# looking for sponsership



## Rusty22 (Feb 4, 2003)

*looking for 1/10 oval sponsership*

Hello

My name is Russell Morris and i am looking for any sponsership for the rest of this season and for the next seasons coming up. I am looking for mostly motor and battery sponserships but anything else for oval pancars is welcome. i currently run in northern New York at R/C World and Raceway. I race a Leading Edge "The Edge" 1/10 scale oval pancar and am willing to switch to another chassis if i am sponsered for that. Thank You for your time.

Russell "Rusty Nutz" Morris


----------



## briano_72 (Jan 21, 2006)

that would be the perfect life !! i keep trying to tell the wife i want to go on tour, but she aint gone for it yet !!


----------



## omnis85 (Sep 26, 2005)

Arent we all, Good luck it doesnt come easy. Stick with what your running, most sponsored drivers either have bought alot from companies and get discounts or get in the show when not expected at big events like snowbirds or some big sponsored race.


----------



## hankster (Jan 1, 1998)

Please do not post the same message across multiple forums (per our TOS). I deleted the other post.


----------



## Rusty22 (Feb 4, 2003)

sorry hank
wont happen again


RuStY nUtZ


----------



## Billy W (Jan 3, 2003)

Best way to get a deal is.. buy products and win with them..... and keep the comanies informed..


----------



## OvalmanPA (Mar 21, 2000)

Maybe this post was supposed to be a joke or maybe you're being serious but I'd like to maybe point out the obvious and don't go all postal on me.  If you or anyone else is going to be asking for a _sponsorship_ you might want to learn how to spell it first. I believe in the past it has also been posted on here that most of the time if you have to ask for the sponsorship.........you aren't ready for it. Companies find you, it's not normally the other way around. Go to big races, make the A-main, show good sportsmanship, and above all don't act like an idiot if somebody runs into you during the race.


----------



## SuperXRAY (Jul 10, 2002)

Well said, Mr. Morgan! It takes tons of practice and knowledge, usually, to be considered. You have to start getting a good R/C resume which shows the types and frequency of races you attend and finishing positions. Good luck on your journey!


----------



## RCMits (Jan 1, 1970)

SuperXRAY said:


> Well said, Mr. Morgan! It takes tons of practice and knowledge, usually, to be considered. You have to start getting a good R/C resume which shows the types and frequency of races you attend and finishing positions. Good luck on your journey!


Sometimes sponsorships take the fun out of the hobby. Sure, I'd love a small sponsorship myself, but for now, my sponsors are my paycheck.

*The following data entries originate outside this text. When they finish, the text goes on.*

-- ===== src/Config/Validity.antt =====
-- crates/core/src/config.rs: what holds of every configuration that is loaded, and that loading ends.
use ferro_http.Base.{
  ℕ, ◌≤◌, ◌≡◌, refl, sym, ◌∙◌, Bool, true, false, not, Option, none, some, arith, ltb, ◌==◌, Bytes,
  codes, bytes_eq, is_empty, any,
}
use mathlib.Core.Bool.{false≢true}
use ferro_http.Json.{Float, JsonValue, get, as_u64}
use ferro_http.Config.{
  ServerConfig, TlsConfig, Config, default_config, Result, ok, validate, validate_tls, log_levels,
  ok_or, wrong_type, not_an_object,
}
use ferro_http.Config.Read.{
  read_field, read_u16, u16_of, qualified, read_string, read_usize, read_u64, read_server,
  read_static, read_compression, read_security, read_tls, read_admin, read_logging, read_string_map,
  read_config, from_json, is_object,
}
use ferro_http.Config.Gives.{
  Gives, >>=-Gives, any-Gives, refuse-Gives, Gives-ok, if-Gives, refuse_last,
}

pub record IsSane (c : Config) : Type 0 where
  pub port_least : 1 ≤ c.server.port
  pub port_most : c.server.port ≤ 65535
  pub bind_given : is_empty c.server.bind ≡ false
  pub root_given : is_empty c.static_files.root ≡ false
  pub cert_given : c.tls.enabled ≡ true → is_empty c.tls.cert_path ≡ false
  pub key_given : c.tls.enabled ≡ true → is_empty c.tls.key_path ≡ false
  pub level_known : any (bytes_eq c.logging.level) log_levels ≡ true

u16_of-Gives : (key path : Bytes) (n : ℕ) → Gives (λ m. m ≤ 65535) (u16_of key path n)
unfolding u16_of
u16_of-Gives key path n = if-Gives (λ m. m ≤ 65535) (ltb 65535 n) _ _ (λ e. tt) (λ e. omega arith)

module _ {F : Type 0} (float : Float F) where
  read_field-Gives :
      {A : Type 0} (P : A → Type 0) (read : JsonValue F → Result A) (obj : JsonValue F)
      (key : Bytes) (slot : A)
      → P slot
      → ((v : JsonValue F) → Gives P (read v))
      → Gives P (read_field read obj key slot)
  unfolding read_field
  read_field-Gives {A = A} P read obj key slot kept reads = at_member (get obj key)
    where
      at_member :
          (o : Option (JsonValue F))
          → Gives P (elim o as (λ x. Result A) [ none ↦ ok slot | some v ↦ read v ])
      at_member none = kept
      at_member (some v) = reads v

  read_u16-Gives :
      (obj : JsonValue F) (key : Bytes) (slot : ℕ) (path : Bytes)
      → slot ≤ 65535
      → Gives (λ m. m ≤ 65535) (read_u16 float obj key slot path)
  unfolding read_u16
  read_u16-Gives obj key slot path small =
      read_field-Gives (λ m. m ≤ 65535) _ obj key slot small
        λ v.
          any-Gives (λ m. m ≤ 65535) (ok_or (as_u64 float v) (wrong_type (qualified path key))) _
            (u16_of-Gives key path)

  read_server-Gives :
      (v : JsonValue F) (d : ServerConfig)
      → d.port ≤ 65535
      → Gives (λ c. c.port ≤ 65535) (read_server float v d)
  unfolding read_server
  read_server-Gives v d small =
      any-Gives Q (read_string v (codes "bind") d.bind (codes "server")) _ λ bind.
        >>=-Gives (λ n. n ≤ 65535) Q (read_u16 float v (codes "port") d.port (codes "server")) _
          (read_u16-Gives v (codes "port") d.port (codes "server") small)
          λ port le.
            any-Gives Q
              (read_usize float v (codes "worker_threads") d.worker_threads (codes "server")) _
              λ a.
                any-Gives Q
                  (read_usize float v (codes "max_connections") d.max_connections (codes "server"))
                  _
                  λ b.
                    any-Gives Q
                      (read_u64 float v (codes "keep_alive_secs") d.keep_alive_secs
                        (codes "server"))
                      _
                      λ e.
                        any-Gives Q
                          (read_u64 float v (codes "read_timeout_secs") d.read_timeout_secs
                            (codes "server"))
                          _
                          λ f.
                            any-Gives Q
                              (read_usize float v (codes "request_max_bytes") d.request_max_bytes
                                (codes "server"))
                              _ (λ g. le)
    where
      Q : ServerConfig → Type 0
      Q c = c.port ≤ 65535

  read_config-Gives :
      (root : JsonValue F)
      → Gives (λ c. c.server.port ≤ 65535) (read_config float root default_config)
  unfolding read_config
  read_config-Gives root =
      >>=-Gives (λ c. c.port ≤ 65535) Q
        (read_field (λ v. read_server float v d.server) root (codes "server") d.server) _
        (read_field-Gives (λ c. c.port ≤ 65535) (λ v. read_server float v d.server) root
          (codes "server") d.server (omega arith) (λ v. read_server-Gives v d.server (omega arith)))
        λ server le.
          any-Gives Q
            (read_field (λ v. read_static float v d.static_files) root (codes "static")
              d.static_files)
            _
            λ a.
              any-Gives Q
                (read_field (λ v. read_compression float v d.compression) root (codes "compression")
                  d.compression)
                _
                λ b.
                  any-Gives Q
                    (read_field (λ v. read_security float v d.security) root (codes "security")
                      d.security)
                    _
                    λ e.
                      any-Gives Q
                        (read_field (λ v. read_tls float v d.tls) root (codes "tls") d.tls) _
                        λ f.
                          any-Gives Q
                            (read_field (λ v. read_admin float v d.admin) root (codes "admin")
                              d.admin)
                            _
                            λ g.
                              any-Gives Q
                                (read_field (λ v. read_logging float v d.logging) root
                                  (codes "logging") d.logging)
                                _
                                λ h.
                                  any-Gives Q
                                    (read_field (λ v. read_string_map v (codes "mime_overrides"))
                                      root (codes "mime_overrides") d.mime_overrides)
                                    _ (λ k. le)
    where
      d : Config
      d = default_config

      Q : Config → Type 0
      Q c = c.server.port ≤ 65535

record PathsGiven (tls : TlsConfig) : Type 0 where
  cert : tls.enabled ≡ true → is_empty tls.cert_path ≡ false
  key : tls.enabled ≡ true → is_empty tls.key_path ≡ false

validate_tls-Gives : (tls : TlsConfig) → Gives (λ u. PathsGiven tls) (validate_tls tls)
unfolding validate_tls
validate_tls-Gives tls =
    if-Gives (λ u. PathsGiven tls) tls.enabled _ _
      (λ on.
        refuse-Gives (λ u. PathsGiven tls) (is_empty tls.cert_path) _ _
          λ cert.
            refuse_last (PathsGiven tls) (is_empty tls.key_path) _
              λ key. record { cert = λ e. cert; key = λ e. key })
      (λ off. record {
        cert = λ on. absurd (false≢true (sym off ∙ on));
        key = λ on. absurd (false≢true (sym off ∙ on));
      })

validate-Gives : (c : Config) → c.server.port ≤ 65535 → Gives (λ u. IsSane c) (validate c)
unfolding validate
validate-Gives c most =
    refuse-Gives (λ u. IsSane c) (c.server.port == 0) _ _
      λ port.
        refuse-Gives (λ u. IsSane c) (is_empty c.server.bind) _ _
          λ bind.
            refuse-Gives (λ u. IsSane c) (is_empty c.static_files.root) _ _
              λ root.
                >>=-Gives (λ u. PathsGiven c.tls) (λ u. IsSane c) (validate_tls c.tls) _
                  (validate_tls-Gives c.tls)
                  λ u given.
                    refuse_last (IsSane c) (not (any (bytes_eq c.logging.level) log_levels)) _
                      λ level. record {
                        port_least = ground (arith, port);
                        port_most = most;
                        bind_given = bind;
                        root_given = root;
                        cert_given = given.cert;
                        key_given = given.key;
                        level_known = known (any (bytes_eq c.logging.level) log_levels) level;
                      }
  where
    known : (b : Bool) → not b ≡ false → b ≡ true
    known true h = refl
    known false h = cc

module _ {F : Type 0} (float : Float F) where
  -- Every configuration that is loaded has a port from 1 to 65535, an address, a root, the paths that
  -- TLS needs where it is enabled, and a known log level.
  pub from_json-IsSane : (root : JsonValue F) (c : Config) → from_json float root ≡ ok c → IsSane c
  unfolding from_json
  from_json-IsSane root c loaded =
      Gives-ok IsSane (from_json float root)
        (refuse-Gives IsSane (not (is_object root)) not_an_object _ λ object.
          >>=-Gives (λ d. d.server.port ≤ 65535) IsSane (read_config float root default_config) _
            (read_config-Gives float root)
            λ d most.
              >>=-Gives (λ u. IsSane d) IsSane (validate d) _ (validate-Gives d most)
                (λ u sane. sane))
        loaded
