-- ===== src/Conn/Interim.antt =====
-- The interim response: at most one for each request.
use ferro_http.Http.Request.{Request, Result, ok, err, panic}
use ferro_http.Base.{
  ℕ, suc, ◌+◌, ◌≤◌, ◌≡◌, refl, ◌≢◌, Bool, true, false, some, List, [], ◌∷◌, arith, Bytes,
}
use ferro_http.Http.Request.Parse.{Parsed, done, parse_with, proceed, expect_action}
use ferro_http.Conn.{
  Service, Step, need_more, write, panicked, Connection, feed, interim, step_partial, step_on, step,
}

-- What happens to a connection: bytes arrive, or the profile calls `step` at a time.
pub data Event : Type 0 where
  received : Bytes → Event
  stepped : ℕ → Event

-- The run of a connection over events, with the results of its steps in order.
pub run : Service → Connection → List Event → Connection × List Step
run service c [] = (c, [])
run service c (received bytes ∷ es) = run service (feed bytes c) es
run service c (stepped now ∷ es) =
    let (c', s) = step service c now in let (last, out) = run service c' es in (last, s ∷ out)

-- No step of the run finds a complete request.
abbrev pub NoRequest : Service → Connection → List Event → Type 0
NoRequest service c [] = Unit
NoRequest service c (received bytes ∷ es) = NoRequest service (feed bytes c) es
NoRequest service c (stepped now ∷ es) =
    ((r : Request) (n : ℕ) → parse_with c.buf c.max_body ≢ ok (done r n))
    × NoRequest service (step service c now).0 es

-- The results that leave the connection open and write something.
abbrev pub open_writes : List Step → ℕ
open_writes [] = 0
open_writes (write bytes false ∷ out) = suc (open_writes out)
open_writes (_ ∷ out) = open_writes out

abbrev pub unsent : Bool → ℕ
unsent true = 0
unsent false = 1

-- A step with no complete request writes at most what the flag still allows.
step_allowance :
    (service : Service) (c : Connection) (now : ℕ)
    → ((r : Request) (n : ℕ) → parse_with c.buf c.max_body ≢ ok (done r n))
    → open_writes ((step service c now).1 ∷ []) + unsent (step service c now).0.continue_sent
      ≤ unsent c.continue_sent
unfolding step step_on step_partial
step_allowance service c now none_done = at_result (parse_with c.buf c.max_body) none_done
  where
    at_result :
        (m : Result Parsed)
        → ((r : Request) (n : ℕ) → m ≢ ok (done r n))
        → open_writes ((step_on service c now m).1 ∷ [])
            + unsent (step_on service c now m).0.continue_sent
          ≤ unsent c.continue_sent
    at_result (ok Parsed.need_more) h = ground arith
    at_result (ok (done r n)) h = absurd (h r n refl)
    at_result (err e) h = omega arith
    at_result panic h = omega arith
    at_result Result.out_of_fuel h = omega arith

open_writes-cons :
    (s : Step) (out : List Step) → open_writes (s ∷ out) ≡ open_writes (s ∷ []) + open_writes out
open_writes-cons need_more out = omega arith
open_writes-cons (write bytes false) out = omega arith
open_writes-cons (write bytes true) out = omega arith
open_writes-cons panicked out = omega arith
open_writes-cons Step.out_of_fuel out = omega arith

-- Over any arrivals and steps in which no request completes, the connection writes at most once
-- without asking to be closed, and not at all if the interim response was sent before.
pub interim_once :
    (service : Service) (c : Connection) (es : List Event)
    → NoRequest service c es
    → open_writes (run service c es).1 ≤ unsent c.continue_sent
unfolding run
interim_once service c [] h = omega arith
interim_once service c (received bytes ∷ es) h = interim_once service (feed bytes c) es h
interim_once service c (stepped now ∷ es) h = omega (
  arith,
  step_allowance service c now h.0,
  interim_once service (step service c now).0 es h.1,
  open_writes-cons (step service c now).1 (run service (step service c now).0 es).1,
)

-- That one write is the interim response, when the head that has arrived asks for it.
pub step-interim :
    (service : Service) (c : Connection) (now : ℕ) (bytes : Bytes)
    → ((r : Request) (n : ℕ) → parse_with c.buf c.max_body ≢ ok (done r n))
    → (step service c now).1 ≡ write bytes false
    → (bytes ≡ interim)
      × (expect_action c.buf ≡ some proceed)
      × (c.continue_sent ≡ false)
      × ((step service c now).0 ≡ record c { continue_sent = true })
unfolding step step_on step_partial
step-interim service c now bytes none_done e = at_result (parse_with c.buf c.max_body) none_done e
  where
    at_result :
        (m : Result Parsed)
        → ((r : Request) (n : ℕ) → m ≢ ok (done r n))
        → (step_on service c now m).1 ≡ write bytes false
        → (bytes ≡ interim)
          × (expect_action c.buf ≡ some proceed)
          × (c.continue_sent ≡ false)
          × ((step_on service c now m).0 ≡ record c { continue_sent = true })
    at_result (ok Parsed.need_more) h e = ground arith
    at_result (ok (done r n)) h e = absurd (h r n refl)
    at_result (err x) h e = cc
    at_result panic h e = cc
    at_result Result.out_of_fuel h e = cc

One thing I learned, if you ask, you won't get. I was once told, if you attend the big races (snowbirs, iic, etc...) or even your local events, and you race well, someone will notice you. You have to prove not only that you can drive, but that you are willing to help.

You can walk up to people at the big races if you lets say "TQ" a qualifier, and say, "Hey I run your product, and I was happy to say it got me the TQ spot.. yadda yaddaa.." etc etc.

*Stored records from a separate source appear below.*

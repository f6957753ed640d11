-- ===== src/Http/Request/Scan/Search.antt =====
-- What a search of the parser finds, and that bytes behind the place found change nothing.
use ferro_http.Base.{
  ℕ, ◌+◌, ◌≤◌, ◌≡◌, refl, inl, inr, true, false, some, [], ◌∷◌, ◌++◌, arith, Bool-cases,
  Option-cases, length, drop, length-append, length-drop, drop-append, Bytes, is_empty, starts_with,
}
use ferro_http.Http.Request.Scan.{window_position, find_subslice, crlf}

pub starts_with-length : (xs n : Bytes) → starts_with xs n ≡ true → length n ≤ length xs
unfolding starts_with
starts_with-length xs [] h = omega arith
starts_with-length [] (c ∷ n) h = cc
starts_with-length (x ∷ xs) (c ∷ n) h = ground (arith, starts_with-length xs n)

pub starts_with-append :
    (xs ys n : Bytes) → length n ≤ length xs → starts_with (xs ++ ys) n ≡ starts_with xs n
unfolding starts_with
starts_with-append [] [] [] h = refl
starts_with-append [] (y ∷ ys) [] h = refl
starts_with-append [] ys (c ∷ n) h = absurd (omega arith)
starts_with-append (x ∷ xs) ys [] h = refl
starts_with-append (x ∷ xs) ys (c ∷ n) h = rw (starts_with-append xs ys n (omega arith))

pub window_position-le :
    (xs n : Bytes) {i : ℕ} → window_position xs n ≡ some i → i + length n ≤ length xs
unfolding window_position
window_position-le [] n h = cc
window_position-le (x ∷ xs) n {i} h = elim (Bool-cases (starts_with (x ∷ xs) n)) [
  | inl here ↦ ground (arith, starts_with-length (x ∷ xs) n here)
  | inr later ↦ elim (Option-cases (window_position xs n)) [
    | inl missed ↦ ground arith
    | inr (j, found) ↦ ground (arith, window_position-le xs n found)
  ]
]

window_position-append :
    (xs ys n : Bytes) {i : ℕ}
    → window_position xs n ≡ some i
    → window_position (xs ++ ys) n ≡ some i
unfolding window_position
window_position-append [] ys n h = cc
window_position-append (x ∷ xs) ys n {i} h = elim (Bool-cases (starts_with (x ∷ xs) n)) [
  | inl here ↦ ground (arith, starts_with-append (x ∷ xs) ys n (starts_with-length (x ∷ xs) n here))
  | inr later ↦ elim (Option-cases (window_position xs n)) [
    | inl missed ↦ ground arith
    | inr (j, found) ↦
        let fits : length n ≤ length (x ∷ xs) = omega (arith, window_position-le xs n found) in
        ground (arith, starts_with-append (x ∷ xs) ys n fits, window_position-append xs ys n found)
  ]
]

find_subslice-window :
    (xs n : Bytes) {i : ℕ}
    → find_subslice xs n ≡ some i
    → (is_empty n ≡ false) × (window_position xs n ≡ some i)
unfolding find_subslice
find_subslice-window xs n h = ground arith

-- A place found leaves room for what was looked for.
pub find_subslice-le :
    (xs n : Bytes) {i : ℕ} → find_subslice xs n ≡ some i → i + length n ≤ length xs
find_subslice-le xs n h = window_position-le xs n (find_subslice-window xs n h).1

-- Bytes that arrive later do not move it.
pub find_subslice-append :
    (xs ys n : Bytes) {i : ℕ} → find_subslice xs n ≡ some i → find_subslice (xs ++ ys) n ≡ some i
unfolding find_subslice
find_subslice-append xs ys n h =
    let (some_byte, found) = find_subslice-window xs n h in
    ground (
      arith,
      some_byte,
      window_position-append xs ys n found,
      window_position-le xs n found,
      length-append xs ys,
    )

-- The same of a CRLF looked for from a position on.
pub find_crlf-le :
    (buf : Bytes) (pos : ℕ) {i : ℕ}
    → find_subslice (drop pos buf) crlf ≡ some i
    → pos + i + 2 ≤ length buf
find_crlf-le buf pos h = omega (arith, find_subslice-le (drop pos buf) crlf h, length-drop pos buf)

pub find_crlf-append :
    (buf more : Bytes) (pos : ℕ) {i : ℕ}
    → find_subslice (drop pos buf) crlf ≡ some i
    → find_subslice (drop pos (buf ++ more)) crlf ≡ some i
find_crlf-append buf more pos h =
    rw (drop-append pos buf more (omega (arith, find_crlf-le buf pos h)))
      (find_subslice-append (drop pos buf) more crlf h)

Good luck, hope all is well.


----------



## zoom jr. (Mar 28, 2005)

best place to pick up a sponcorship would probally be at a national event the snowbirds would be good if everyone wasn't so dang busy go to a race that has a hundred or so entrys and run a class that you feel most comfortable in.the most important advice is that you need to make the A main and dont go crazy and start hittin people in the main 


"stay calm go fast turn left"


----------



## SuperXRAY (Jul 10, 2002)

RCMits has a point too. You do need to be willing to help whoever you can. Even though I'm attached to a sponsorship at this point, it doesn't pay everything. I still have to pay for entry fees, traveling, food, gas, electronics, etc. I love going to big races, but when it costs no less than $1,500 for someone in this area to go to the Snowbirds, it is pretty prohibitive. I think the only thing I could disagree with in a sponsorship are some of the factory drivers. I could cite examples, but I'm not going to trash talk anyone...most all of the factory guys earned their place at one time or another.


----------



## RCMits (Jan 1, 1970)

oh.. and if you ever become a factory driver, please please please, turn marshall! I've seen so many factory drivers not marshall at club races, and it makes them seem snotty. ;-)


----------



## C Sweatt (Nov 4, 2005)

My Local Factory Sponsored Guys Turn Marshall And Help Everyone Out On A Weekly Basis.. A Group Of Awsome Guys.
Sandhills Local
Chris


----------



## erock1331 (Apr 1, 2002)

Rusty22
Do you have Microsoft Word?

I wanna show you something


----------



## Rusty22 (Feb 4, 2003)

yes i do

RuStY nUtZ


----------



## erock1331 (Apr 1, 2002)

whats your email


----------



## Rusty22 (Feb 4, 2003)

u got a pm erock

RuStY nUtZ


----------



## omnis85 (Sep 26, 2005)

newworld hobbies is looking for drivers, send them a race resume.


----------



## Rusty22 (Feb 4, 2003)

i think newworld hobbies is only looking for nitro offroad racers

RuStY nUtZ


----------



## c-low74 (Apr 3, 2005)

Rusty22 said:


> i think newworld hobbies is only looking for nitro offroad racers
> 
> RuStY nUtZ


they are looking for onroad and offroad elec and gas


----------



## omnis85 (Sep 26, 2005)

I sent them a resume and they accepted me, so send them your resume it wouldnt hurt and I run 99% 1/10th oval, they have all kinds of stuff you can use for oval, motors, batts,tools and I am sure there will be more to add since oval is big and would benifit them to carry certain products for oval racers. heres your chance, make sure you you update your race resume and attend big events, you will get noticed one day.-I am still waiting-lol after 16years


----------



## HookupsXXX4 (Dec 4, 2003)

They accepted me too. Where you able to download the form they sent you? Mine is just a bunch of jumbled text.

Jerry


----------



## omnis85 (Sep 26, 2005)

I was able to convert it a little and read what I needed to, but did send rob an email stating I was un able to read it. Try converting it to MSW you might be able to read something.


----------



## HookupsXXX4 (Dec 4, 2003)

I tried that as well, but nothing. I e-mailed Rob about it, maybe he can send something diffrent.

Jerry


----------



## Rusty22 (Feb 4, 2003)

how did you send them your resume?email of pm?

RuStY nUtZ


----------



## HookupsXXX4 (Dec 4, 2003)

Both. It is a good idea to add results of your racing.

Jerry


----------



## omnis85 (Sep 26, 2005)

Rusty22 said:


> how did you send them your resume?email of pm?
> 
> RuStY nUtZ


Now is your chance to send it-anything and everything helps even if it means 10 bucks off-that adds up in the end, go to fusion and fill out there driver form, its a good possibilty you could get a semi sponsor from them, I did that about a year ago and was accepted but never bought anything from them because I was picked up by a differnet battery matcher and never looked back. but fusion is very good to.


----------